I Corrected It Myself

I grade my own students’ lab reports. In truth, I do this because when I started teaching ten years ago, I had about a dozen students in Organic Chemistry. Lately, I have found that assignments and grading methods that I had developed for small class sizes were too labor intensive for larger classes. One common way to decrease the correcting load is to have teaching assistants that grade laboratory assignments. I’m not so sure that I want to go this route. The obvious reason that pops into my brain is that TAs can’t be trusted to grade well. This probably shows more bias than rationality, but it is true that a certain amount of TA training would be necessary for consistent and accurate grading. I wonder if the type of question I would ask would have to change. I assume that I would have to build the expectation of student grading into my questions. On the other hand, do I gain something from grading student papers?

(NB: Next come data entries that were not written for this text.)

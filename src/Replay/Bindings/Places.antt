-- ===== src/Replay/Bindings/Places.antt =====
-- The places of two results at which something is taught, for `learn_from_results` of
-- src/agenttrace/replay/bindings.py.
use atcr_agent_trace_collect.Prelude.{
  ℕ, zero, suc, String, str_eq, false, Option, none, some, ◌≡◌, refl, sym, ap, ◌∙◌, subst, ◌⊎◌, inl,
  inr, get_elem?, arith, eq_iff,
}
use atcr_agent_trace_collect.Json.{
  Value, Items, Fields, str, list, dict, cons, entry, lookup, elements,
}
use atcr_agent_trace_collect.Replay.Bindings.Taught.{
  Teaches, TextLesson, by_text, by_item, by_field,
}

abbrev pub ItemLesson : Items → Items → String → String → String → Type 0
ItemLesson xs ys key r p =
    (i : ℕ) × (x : Value) × (y : Value) × (get_elem? (elements xs) i ≡ some x)
    × (get_elem? (elements ys) i ≡ some y)
    × Teaches x y key r p

abbrev pub FieldLesson : Fields → Fields → String → String → String → Type 0
FieldLesson f g k r p =
    (x : Value) × (y : Value) × (lookup k f ≡ some x) × (lookup k g ≡ some y) × Teaches x y k r p

some-eq : {A : Type 0} {a b : A} → ◌≡◌ {A = Option A} (some a) (some b) → a ≡ b
some-eq h = cc

str-eq : {a b : String} → ◌≡◌ {A = Value} (str a) (str b) → a ≡ b
str-eq h = cc

list-eq : {a b : Items} → ◌≡◌ {A = Value} (list a) (list b) → a ≡ b
list-eq h = cc

dict-eq : {a b : Fields} → ◌≡◌ {A = Value} (dict a) (dict b) → a ≡ b
dict-eq h = cc

pub Teaches-text : (s t key r p : String) → Teaches (str s) (str t) key r p → TextLesson s t key r p
Teaches-text s t key r p (by_text e f l) = (str-eq e, str-eq f, l)
Teaches-text s t key r p (by_item xs ys i x y e f _ _ _) = absurd (cc (e))
Teaches-text s t key r p (by_field f g k x y e _ _ _ _) = absurd (cc (e))

pub Teaches-items :
    (xs ys : Items) (key r p : String)
    → Teaches (list xs) (list ys) key r p
    → ItemLesson xs ys key r p
Teaches-items xs ys key r p (by_text e f l) = absurd (cc (e))
Teaches-items xs ys key r p (by_item xs' ys' i x y e f at at' t) = (
  i,
  x,
  y,
  ap (λ l. get_elem? (elements l) i) (list-eq e) ∙ at,
  ap (λ l. get_elem? (elements l) i) (list-eq f) ∙ at',
  t,
)
Teaches-items xs ys key r p (by_field f g k x y e _ _ _ _) = absurd (cc (e))

pub Teaches-fields :
    (f g : Fields) (key r p : String)
    → Teaches (dict f) (dict g) key r p
    → (k : String) × FieldLesson f g k r p
Teaches-fields f g key r p (by_text e _ l) = absurd (cc (e))
Teaches-fields f g key r p (by_item xs ys i x y e _ _ _ _) = absurd (cc (e))
Teaches-fields f g key r p (by_field f' g' k x y e e' at at' t) =
    (k, (x, y, ap (lookup k) (dict-eq e) ∙ at, ap (lookup k) (dict-eq e') ∙ at', t))

pub Teaches-none :
    (v w : Value) (key : String)
    → ((r p : String) → v ≡ str r → w ≡ str p → ⊥)
    → ((xs ys : Items) → v ≡ list xs → w ≡ list ys → ⊥)
    → ((f g : Fields) → v ≡ dict f → w ≡ dict g → ⊥)
    → (r p : String) → ¬ Teaches v w key r p
Teaches-none v w key a b c r p (by_text e f l) = a r p e f
Teaches-none v w key a b c r p (by_item xs ys i x y e f _ _ _) = b xs ys e f
Teaches-none v w key a b c r p (by_field f g k x y e e' _ _ _) = c f g e e'

pub ItemLesson-cons :
    (x y : Value) (xs ys : Items) (key r p : String)
    → ItemLesson (cons x xs) (cons y ys) key r p
    → Teaches x y key r p ⊎ ItemLesson xs ys key r p
ItemLesson-cons x y xs ys key r p (zero, v, w, at, at', t) = inl (
    subst (λ u. Teaches u y key r p) (sym (some-eq at))
      (subst (λ u. Teaches v u key r p) (sym (some-eq at')) t))
ItemLesson-cons x y xs ys key r p (suc i, v, w, at, at', t) = inr (i, v, w, at, at', t)

pub ItemLesson-either :
    (x y : Value) (xs ys : Items) (key r p : String)
    → (Teaches x y key r p ⊎ ItemLesson xs ys key r p)
    → ItemLesson (cons x xs) (cons y ys) key r p
ItemLesson-either x y xs ys key r p (inl t) = (0, x, y, refl, refl, t)
ItemLesson-either x y xs ys key r p (inr (i, v, w, at, at', t)) = (suc i, v, w, at, at', t)

pub FieldLesson-here :
    (k : String) (v w : Value) (rest g : Fields) (r p : String)
    → lookup k g ≡ some w
    → Teaches v w k r p
    → FieldLesson (entry k v rest) g k r p
unfolding lookup
FieldLesson-here k v w rest g r p at t = (v, w, ground (arith, eq_iff k k), at, t)

pub FieldLesson-later :
    (key k : String) (v : Value) (rest g : Fields) (r p : String)
    → str_eq key k ≡ false
    → FieldLesson rest g key r p
    → FieldLesson (entry k v rest) g key r p
unfolding lookup
FieldLesson-later key k v rest g r p other (x, y, at, at', t) = (x, y, rw other at, at', t)

pub FieldLesson-first :
    (k : String) (v w : Value) (rest g : Fields) (r p : String)
    → lookup k g ≡ some w
    → FieldLesson (entry k v rest) g k r p
    → Teaches v w k r p
unfolding lookup
FieldLesson-first k v w rest g r p there (x, y, at, at', t) =
    let first : v ≡ x = ground (arith, at, eq_iff k k) in
    let second : w ≡ y = some-eq (sym there ∙ at') in
    subst (λ u. Teaches u w k r p) (sym first) (subst (λ u. Teaches x u k r p) (sym second) t)

pub FieldLesson-rest :
    (key k : String) (v : Value) (rest g : Fields) (r p : String)
    → str_eq key k ≡ false
    → FieldLesson (entry k v rest) g key r p
    → FieldLesson rest g key r p
unfolding lookup
FieldLesson-rest key k v rest g r p other (x, y, at, at', t) = (x, y, rw other at at, at', t)

-- A key that the replayed dictionary has not teaches nothing.
pub FieldLesson-absent :
    (f g : Fields) (k r p : String) → lookup k g ≡ none → ¬ FieldLesson f g k r p
FieldLesson-absent f g k r p absent (x, y, at, at', t) = cc
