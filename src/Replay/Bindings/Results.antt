-- ===== src/Replay/Bindings/Results.antt =====
-- `learn_from_results` of src/agenttrace/replay/bindings.py learns what two results teach.
use atcr_agent_trace_collect.Prelude.{
  String, str_eq, true, false, none, some, List, [], ◌∷◌, ◌≡◌, refl, sym, ap, ◌∙◌, subst, ◌⊎◌, inl,
  inr, arith, eq_iff, Bool-cases, Option-cases,
}
use atcr_agent_trace_collect.Prelude.Names.{contains}
use atcr_agent_trace_collect.Json.{
  Value, Items, Fields, str, list, dict, nil, cons, end, entry, lookup,
}
use atcr_agent_trace_collect.Replay.Bindings.{Bindings}
use atcr_agent_trace_collect.Replay.Bindings.Learning.{
  is_dynamic, Lessons, shared_keys, apply_lesson, apply_lessons, learn_from_results,
  learn_from_results-IsUsable, learn_items, lessons_of, add_lesson,
}
use atcr_agent_trace_collect.Replay.Bindings.Taught.{
  Teaches, HasLearned, HasLearned-none, HasLearned-same, HasLearned-both, TextLesson,
  add-HasLearned, by_text, by_item, by_field,
}
use atcr_agent_trace_collect.Replay.Bindings.Places.{
  ItemLesson, FieldLesson, Teaches-text, Teaches-items, Teaches-fields, Teaches-none,
  ItemLesson-cons, ItemLesson-either, FieldLesson-here, FieldLesson-later, FieldLesson-first,
  FieldLesson-rest, FieldLesson-absent,
}
use atcr_agent_trace_collect.Replay.Bindings.Learned.{IsUsable}

-- One after the other, what the keys teach is learnt.
apply_lessons-HasLearned :
    (T : String → String → String → Type 0) (lessons : Lessons) (order : List String) (b : Bindings)
    → ((k : String) (c : Bindings) → HasLearned (T k) c (apply_lesson k lessons c))
    → HasLearned
        (λ r p. (k : String) × (contains k order ≡ true) × T k r p)
        b
        (apply_lessons order lessons b)
unfolding apply_lessons contains
apply_lessons-HasLearned T lessons [] b each =
    HasLearned-none _ b (λ r p (k, here, _). absurd (cc (here)))
apply_lessons-HasLearned T lessons (key ∷ rest) b each =
    HasLearned-same _ _ b (apply_lessons rest lessons (apply_lesson key lessons b)) to from (
      HasLearned-both _ _ b (apply_lesson key lessons b) _ (each key b)
        (apply_lessons-HasLearned T lessons rest (apply_lesson key lessons b) each))
  where
    to :
        (r p : String)
        → (T key r p ⊎ ((k : String) × (contains k rest ≡ true) × T k r p))
        → (k : String) × (contains k (key ∷ rest) ≡ true) × T k r p
    to r p (inl t) = (key, ground (arith, eq_iff key key), t)
    to r p (inr (k, there, t)) = (k, ground (arith, there), t)

    from :
        (r p : String)
        → ((k : String) × (contains k (key ∷ rest) ≡ true) × T k r p)
        → T key r p ⊎ ((k : String) × (contains k rest ≡ true) × T k r p)
    from r p (k, there, t) = elim (Bool-cases (str_eq k key)) [
      | inl here ↦ inl (subst (λ j. T j r p) ((eq_iff k key).0 here) t)
      | inr other ↦ inr (k, ground (arith, other, there), t)
    ]

entry-HasLearned :
    (key k : String) (v : Value) (rest g : Fields) (b : Bindings) (lessons : Lessons)
    (learn : Value → Bindings → Bindings)
    → ((w : Value) → HasLearned (Teaches v w k) b (learn w b))
    → HasLearned (FieldLesson rest g key) b (apply_lesson key lessons b)
    → HasLearned
        (FieldLesson (entry k v rest) g key)
        b
        (apply_lesson key (add_lesson k (lookup k g) learn lessons) b)
unfolding apply_lesson
entry-HasLearned key k v rest g b lessons learn here later = elim (Bool-cases (str_eq key k)) [
  | inr other ↦ elim (Option-cases (lookup k g)) [
    | inl absent ↦ rw absent (beyond other)
    | inr (w, there) ↦ rw (there, other) (beyond other)
  ]
  | inl is ↦ elim (Option-cases (lookup k g)) [
    | inl absent ↦
        let not_there : lookup key g ≡ none = ap (λ j. lookup j g) ((eq_iff key k).0 is) ∙ absent in
        rw absent (
          HasLearned-same (FieldLesson rest g key) (FieldLesson (entry k v rest) g key) b _
            (λ r p t. absurd (FieldLesson-absent rest g key r p not_there t))
            (λ r p t. absurd (FieldLesson-absent (entry k v rest) g key r p not_there t)) later)
    | inr (w, there) ↦
        rw (there, is)
          (subst (λ j. HasLearned (FieldLesson (entry k v rest) g j) b (learn w b))
            (sym ((eq_iff key k).0 is))
            (HasLearned-same (Teaches v w k) (FieldLesson (entry k v rest) g k) b _
              (λ r p. FieldLesson-here k v w rest g r p there)
              (λ r p. FieldLesson-first k v w rest g r p there) (here w)))
  ]
]
  where
    beyond :
        str_eq key k ≡ false
        → HasLearned (FieldLesson (entry k v rest) g key) b (apply_lesson key lessons b)
    beyond other =
        HasLearned-same (FieldLesson rest g key) (FieldLesson (entry k v rest) g key) b _
          (λ r p. FieldLesson-later key k v rest g r p other)
          (λ r p. FieldLesson-rest key k v rest g r p other) later

module _ (arrange : List String → List String) where
  contains-shared_keys :
      (f g : Fields) (k : String) (x y : Value)
      → lookup k f ≡ some x
      → lookup k g ≡ some y
      → contains k (shared_keys (lessons_of arrange f g)) ≡ true
  unfolding learn_from_results lookup contains
  contains-shared_keys end g k x y h at = absurd (cc h)
  contains-shared_keys (entry j v rest) g k x y h at = elim (Bool-cases (str_eq k j)) [
    | inl here ↦
        let there : lookup j g ≡ some y = ap (λ i. lookup i g) (sym ((eq_iff k j).0 here)) ∙ at in
        rw (there, here) refl
    | inr other ↦
        let later = contains-shared_keys rest g k x y (rw other at h) at in
        elim (Option-cases (lookup j g)) [
          | inl absent ↦ rw absent later
          | inr (w, there) ↦ rw (there, other) later
        ]
  ]

  end-HasLearned :
      (g : Fields) (key : String) (b : Bindings) → HasLearned (FieldLesson end g key) b b
  unfolding lookup
  end-HasLearned g key b = HasLearned-none _ b (λ r p (x, y, at, _, _). absurd (cc (at)))

  text-HasLearned :
      (s t key : String) (b : Bindings)
      → HasLearned
          (Teaches (str s) (str t) key)
          b
          (learn_from_results arrange (str s) (str t) key b)
  unfolding learn_from_results
  text-HasLearned s t key b = elim (Bool-cases (is_dynamic key)) [
    | inl dynamic ↦ rw dynamic (
        HasLearned-same (TextLesson s t key) (Teaches (str s) (str t) key) b _
          (λ r p (e, f, l). by_text (ap str e) (ap str f) l) (λ r p. Teaches-text s t key r p)
          (add-HasLearned s t key b dynamic))
    | inr other ↦ rw other (
        HasLearned-none (Teaches (str s) (str t) key) b
          (λ r p l. never other r p (Teaches-text s t key r p l)))
  ]
    where
      never : is_dynamic key ≡ false → (r p : String) → ¬ TextLesson s t key r p
      never other r p (_, _, (dynamic, _, _, _)) = absurd (cc (sym dynamic ∙ other))

  module _ (keeps : (k : String) (l : List String) → contains k (arrange l) ≡ contains k l) where
    shared :
        (f g : Fields) (r p : String)
        → ((k : String) × FieldLesson f g k r p)
        → (k : String) × (contains k (arrange (shared_keys (lessons_of arrange f g))) ≡ true)
          × FieldLesson f g k r p
    shared f g r p (k, (x, y, at, at', t)) = (
      k,
      keeps k (shared_keys (lessons_of arrange f g)) ∙ contains-shared_keys f g k x y at at',
      (x, y, at, at', t),
    )

    mutual
      unfolding learn_from_results

      learn-HasLearned :
          (v w : Value) (key : String) (b : Bindings)
          → HasLearned (Teaches v w key) b (learn_from_results arrange v w key b)
      learn-HasLearned (dict f) (dict g) key b =
          HasLearned-same _ (Teaches (dict f) (dict g) key) b _
            (λ r p (k, _, (x, y, at, at', t)). by_field f g k x y refl refl at at' t)
            (λ r p t. shared f g r p (Teaches-fields f g key r p t))
            (apply_lessons-HasLearned (FieldLesson f g) (lessons_of arrange f g)
              (arrange (shared_keys (lessons_of arrange f g))) b (λ k c. field-HasLearned f g k c))
      learn-HasLearned (list xs) (list ys) key b =
          HasLearned-same (ItemLesson xs ys key) (Teaches (list xs) (list ys) key) b _
            (λ r p (i, x, y, at, at', t). by_item xs ys i x y refl refl at at' t)
            (λ r p. Teaches-items xs ys key r p) (items-HasLearned xs ys key b)
      learn-HasLearned (str s) (str t) key b = text-HasLearned s t key b
      learn-HasLearned v w key b =
          HasLearned-none (Teaches v w key) b
            (Teaches-none v w key (λ r p e f. cc) (λ xs ys e f. cc) (λ f g e e'. cc))

      items-HasLearned :
          (xs ys : Items) (key : String) (b : Bindings)
          → HasLearned (ItemLesson xs ys key) b (learn_items arrange xs ys key b)
      items-HasLearned nil ys key b =
          HasLearned-none _ b (λ r p (i, x, y, at, _, _). absurd (cc (at)))
      items-HasLearned (cons x xs) nil key b =
          HasLearned-none _ b (λ r p (i, x', y, _, at, _). absurd (cc (at)))
      items-HasLearned (cons x xs) (cons y ys) key b =
          HasLearned-same _ (ItemLesson (cons x xs) (cons y ys) key) b _
            (λ r p. ItemLesson-either x y xs ys key r p) (λ r p. ItemLesson-cons x y xs ys key r p)
            (HasLearned-both (Teaches x y key) (ItemLesson xs ys key) b
              (learn_from_results arrange x y key b) _ (learn-HasLearned x y key b)
              (items-HasLearned xs ys key (learn_from_results arrange x y key b)))

      field-HasLearned :
          (f g : Fields) (key : String) (b : Bindings)
          → HasLearned (FieldLesson f g key) b (apply_lesson key (lessons_of arrange f g) b)
      field-HasLearned end g key b = end-HasLearned g key b
      field-HasLearned (entry k v rest) g key b =
          entry-HasLearned key k v rest g b (lessons_of arrange rest g)
            (λ w. learn_from_results arrange v w k) (λ w. learn-HasLearned v w k b)
            (field-HasLearned rest g key b)

    -- From a dictionary that keeps each recorded text once and none empty, learning from two results
    -- leads to another such. A text is taught with another one where the two stand at the same place of
    -- the recorded and the replayed result, by the positions of lists and the keys of dictionaries,
    -- under a dynamic key, neither empty, and not the same. Each text that is taught is then found with
    -- one that it is taught with, and each other text with what it was found with before. The order in
    -- which the shared keys are visited only has to have the same keys.
    pub learn_from_results-learns :
        (recorded replayed : Value) (key : String) (b : Bindings)
        → IsUsable b
        → IsUsable (learn_from_results arrange recorded replayed key b)
          × HasLearned
              (Teaches recorded replayed key)
              b
              (learn_from_results arrange recorded replayed key b)
    learn_from_results-learns recorded replayed key b u = (
      learn_from_results-IsUsable arrange recorded replayed key b u,
      learn-HasLearned recorded replayed key b,
    )
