-- ===== src/Replay/Engine.antt =====
-- The scheduler of `replay_trace` in src/agenttrace/replay/engine.py: one task for each node
-- (`execute` inside `dispatch`), and the coroutine that gathers them. The event loop chooses which
-- task goes on: a run is a list of such choices, and a choice that the code does not allow gives
-- `none`. What an executor returns or raises is part of the choice. Nothing cancels `replay_trace` from
-- outside.
pub mod Phases
pub mod Log
pub mod Invariant
pub mod Order
pub mod Progress
pub mod Liveness
pub mod Outcome
use atcr_agent_trace_collect.Prelude.{
  ℕ, String, str_eq, Bool, true, false, not, ◌&&◌, ◌||◌, Option, none, some, List, [], ◌∷◌, ◌++◌,
  if◌then◌else◌,
}
use atcr_agent_trace_collect.Prelude.Names.{contains}
use atcr_agent_trace_collect.Schema.Types.{Node}
use atcr_agent_trace_collect.Schema.Nodes.{ids}
use atcr_agent_trace_collect.Schema.Graph.{depends_on}

-- Where a node's task is. `raised` covers every exception, a cancellation among them.
pub data Phase : Type 0 where
  waiting running completed raised : Phase

pub data Event : Type 0 where
  node_started node_completed : String → Event
  -- with `execution_started`
  node_failed node_cancelled : String → Bool → Event
  replay_failed replay_completed : Event

-- The coroutine that awaits all tasks: it gathers them, or has cancelled them and gathers them
-- again, or has returned its report, or has raised.
pub data Main : Type 0 where
  gathering cancelling returned failed : Main

pub record State : Type 0 where
  pub phase : String → Phase
  pub main : Main
  pub events : List Event

abbrev pub initial : State
initial = record { phase = λ _. waiting; main = gathering; events = [] }

-- The task of a node goes to another phase, with an event.
abbrev pub move : String → Phase → Event → State → State
move node_id phase event s = record s {
  phase = λ other. if str_eq other node_id then phase else s.phase other;
  events = s.events ++ event ∷ [];
}

abbrev pub is_waiting : Phase → Bool
is_waiting waiting = true
is_waiting _ = false

abbrev pub is_running : Phase → Bool
is_running running = true
is_running _ = false

abbrev pub is_completed : Phase → Bool
is_completed completed = true
is_completed _ = false

abbrev pub is_raised : Phase → Bool
is_raised raised = true
is_raised _ = false

abbrev pub is_done : Phase → Bool
is_done phase = is_completed phase || is_raised phase

abbrev pub is_gathering : Main → Bool
is_gathering gathering = true
is_gathering _ = false

abbrev pub is_cancelling : Main → Bool
is_cancelling cancelling = true
is_cancelling _ = false

unfoldable pub all_in : (Phase → Bool) → State → List String → Bool
all_in test s [] = true
all_in test s (n ∷ rest) = test (s.phase n) && all_in test s rest

unfoldable pub any_in : (Phase → Bool) → State → List String → Bool
any_in test s [] = false
any_in test s (n ∷ rest) = test (s.phase n) || any_in test s rest

-- `by_id[node_id]["depends_on"]`
abbrev pub or_empty : Option (List String) → List String
or_empty none = []
or_empty (some l) = l

abbrev pub parents : List Node → String → List String
parents g node_id = or_empty (depends_on g node_id)

pub data Choice : Type 0 where
  -- the gather of the parents' tasks returns
  start : String → Choice
  -- the executor returns
  complete : String → Choice
  -- the executor raises: an error, or with `true` a cancellation of its own
  fail : String → Bool → Choice
  -- the gather of the parents' tasks raises what a parent's task raised, also while all are cancelled
  propagate : String → Bool → Choice
  -- the gather of all tasks raises: the other tasks are cancelled
  stop : Choice
  -- a task meets its cancellation
  cancel : String → Choice
  -- the gather of the cancelled tasks returns, and the exception is raised again
  reraise : Choice
  -- the gather of all tasks returns
  finish : Choice

abbrev pub when : Bool → State → Option State
when test s = if test then some s else none

-- `dispatch` on an exception
abbrev pub failure : String → Bool → Bool → Event
failure node_id cancelled started =
    if cancelled then node_cancelled node_id started else node_failed node_id started

unfoldable pub step : List Node → Choice → State → Option State
unfolding all_in any_in
step g (start n) s =
    when
      (contains n (ids g)
        && is_waiting (s.phase n)
        && is_gathering s.main
        && all_in is_completed s (parents g n))
      (move n running (node_started n) s)
step g (complete n) s =
    when (contains n (ids g) && is_running (s.phase n)) (move n completed (node_completed n) s)
step g (fail n cancelled) s =
    when (contains n (ids g) && is_running (s.phase n)) (move n raised (failure n cancelled true) s)
step g (propagate n cancelled) s =
    when
      (contains n (ids g)
        && is_waiting (s.phase n)
        && (is_gathering s.main || is_cancelling s.main)
        && any_in is_raised s (parents g n))
      (move n raised (failure n cancelled false) s)
step g stop s =
    when (is_gathering s.main && any_in is_raised s (ids g))
      (record s { main = cancelling; events = s.events ++ replay_failed ∷ [] })
step g (cancel n) s =
    when
      (contains n (ids g)
        && is_cancelling s.main
        && (is_waiting (s.phase n) || is_running (s.phase n)))
      (move n raised (node_cancelled n (is_running (s.phase n))) s)
step g reraise s =
    when (is_cancelling s.main && all_in is_done s (ids g)) (record s { main = failed })
step g finish s =
    when (is_gathering s.main && all_in is_completed s (ids g))
      (record s { main = returned; events = s.events ++ replay_completed ∷ [] })

unfoldable pub run : List Node → List Choice → State → Option State
unfolding step
run g [] s = some s
run g (c ∷ rest) s = elim (step g c s) [ none ↦ none | some s' ↦ run g rest s' ]
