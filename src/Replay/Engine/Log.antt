-- ===== src/Replay/Engine/Log.antt =====
-- Questions about the event log of src/agenttrace/replay/engine.py.
use atcr_agent_trace_collect.Prelude.{
  String, str_eq, Bool, false, ◌||◌, ◌≡◌, ◌≢◌, refl, List, [], ◌∷◌, ◌++◌, arith,
}
use atcr_agent_trace_collect.Replay.Engine.{Event, node_started, node_completed}

abbrev pub is_start_of : String → Event → Bool
is_start_of n (node_started m) = str_eq n m
is_start_of n _ = false

abbrev pub is_completion_of : String → Event → Bool
is_completion_of n (node_completed m) = str_eq n m
is_completion_of n _ = false

unfoldable pub any_event : (Event → Bool) → List Event → Bool
any_event test [] = false
any_event test (e ∷ rest) = test e || any_event test rest

-- `node_started`, `node_completed` of the node is in the log.
abbrev pub logs_start : String → List Event → Bool
logs_start n = any_event (is_start_of n)

abbrev pub logs_completion : String → List Event → Bool
logs_completion n = any_event (is_completion_of n)

pub any_event-snoc :
    (test : Event → Bool) (l : List Event) (e : Event)
    → any_event test (l ++ e ∷ []) ≡ (any_event test l || test e)
unfolding any_event
any_event-snoc test [] e = ground arith
any_event-snoc test (x ∷ l) e = ground (arith, any_event-snoc test l e)

-- An event of a log with one more event is the last, or stands in the log.
pub data InSnoc (l : List Event) (e : Event) (before : List Event) (x : Event) (after : List Event)
    : Type 0 where
  last : before ≡ l → x ≡ e → after ≡ [] → InSnoc l e before x after
  earlier : (rest : List Event) → l ≡ before ++ x ∷ rest → InSnoc l e before x after

pub in_snoc :
    (l : List Event) (e : Event) (before : List Event) (x : Event) (after : List Event)
    → l ++ e ∷ [] ≡ before ++ x ∷ after
    → InSnoc l e before x after
in_snoc [] e [] x after h = last refl (cc) (cc)
in_snoc [] e (b ∷ before) x after h = absurd (snoc≢nil before x after (cc))
  where
    snoc≢nil : (b : List Event) (x : Event) (a : List Event) → [] ≢ b ++ x ∷ a
    snoc≢nil [] x a h = cc
    snoc≢nil (c ∷ b) x a h = cc
in_snoc (y ∷ l) e [] x after h = earlier l (cc)
in_snoc (y ∷ l) e (b ∷ before) x after h = elim (in_snoc l e before x after (cc)) [
  | last p q r ↦ last (cc) q r
  | earlier rest p ↦ earlier rest (cc)
]
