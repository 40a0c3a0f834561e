-- ===== src/Replay/Engine/Phases.antt =====
-- The tests on phases of src/agenttrace/replay/engine.py's model, and the guard of a choice.
use atcr_agent_trace_collect.Prelude.{
  String, Bool, true, false, ◌&&◌, ◌≡◌, refl, ◌⊎◌, inl, inr, some, List, [], ◌∷◌, arith, eq_iff,
  Bool-cases,
}
use atcr_agent_trace_collect.Prelude.Names.{contains, contains-cons_self}
use atcr_agent_trace_collect.Schema.Graph.Paths.{contains_tail}
use atcr_agent_trace_collect.Replay.Engine.{Phase, State, all_in, any_in, when}

pub when-eq-some :
    (test : Bool) (s : State) {s' : State} → when test s ≡ some s' → (test ≡ true) × (s ≡ s')
when-eq-some true s h = (refl, cc)
when-eq-some false s h = absurd (cc)

-- The parts of a test.
pub and-eq-true : (a b : Bool) → (a && b) ≡ true → (a ≡ true) × (b ≡ true)
and-eq-true a b h = ground arith

-- Every member passes the test, or one is found that does not.
pub all_in_cases :
    (test : Phase → Bool) (s : State) (l : List String)
    → (all_in test s l ≡ true) ⊎ ((n : String) × (contains n l ≡ true) × (test (s.phase n) ≡ false))
unfolding all_in
all_in_cases test s [] = inl refl
all_in_cases test s (n ∷ l) = elim (Bool-cases (test (s.phase n))) [
  | inr fails ↦ inr (n, contains-cons_self n l, fails)
  | inl passes ↦ elim (all_in_cases test s l) [
    | inl rest ↦ inl (rw (passes, rest))
    | inr (m, here, fails) ↦ inr (m, contains_tail m n l here, fails)
  ]
]

pub any_in_none :
    (test : Phase → Bool) (s : State) (n : String) (l : List String)
    → any_in test s l ≡ false
    → contains n l ≡ true
    → test (s.phase n) ≡ false
unfolding any_in contains
any_in_none test s n [] h m = absurd (cc)
any_in_none test s n (x ∷ l) h m = ground (arith, eq_iff n x, any_in_none test s n l)

pub all_in_every :
    (test : Phase → Bool) (s : State) (l : List String)
    → ((n : String) → contains n l ≡ true → test (s.phase n) ≡ true)
    → all_in test s l ≡ true
unfolding all_in
all_in_every test s [] h = refl
all_in_every test s (n ∷ l) h =
    rw (h n (contains-cons_self n l), all_in_every test s l (λ m u. h m (contains_tail m n l u)))

pub all_in_at :
    (test : Phase → Bool) (s : State) (n : String) (l : List String)
    → all_in test s l ≡ true
    → contains n l ≡ true
    → test (s.phase n) ≡ true
unfolding all_in contains
all_in_at test s n [] h m = absurd (cc)
all_in_at test s n (x ∷ l) h m = ground (arith, eq_iff n x, all_in_at test s n l)

pub any_in_calm :
    (test : Phase → Bool) (s : State) (l : List String)
    → ((n : String) → test (s.phase n) ≡ false)
    → any_in test s l ≡ false
unfolding any_in
any_in_calm test s [] calm = refl
any_in_calm test s (n ∷ l) calm = rw (calm n, any_in_calm test s l calm)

Assignments are a way for students to offer feedback to instructors. From grading assignments I discover: 1) what concepts the students are struggling with, 2) how they could be further challenged, 3) whether or not they understand the question the way I intended it, and 4) where they are getting their information from. I also learn thing about students and about the material that I didn’t know before. It is arrogant to assume that I cannot learn from my students. The thing is, I would miss the opportunity to understand my students better and to see if I could learn something new.


One Comment

  1. Posted May 12, 2009 at 5:50 pm | Permalink

    My increasing organic chemistry class size several years ago is what got me motivated to get into WebCT and automated grading. Now my classes are ofter over 200 students and I am glad I made the shift. But a lab would be challenging to grade automatically.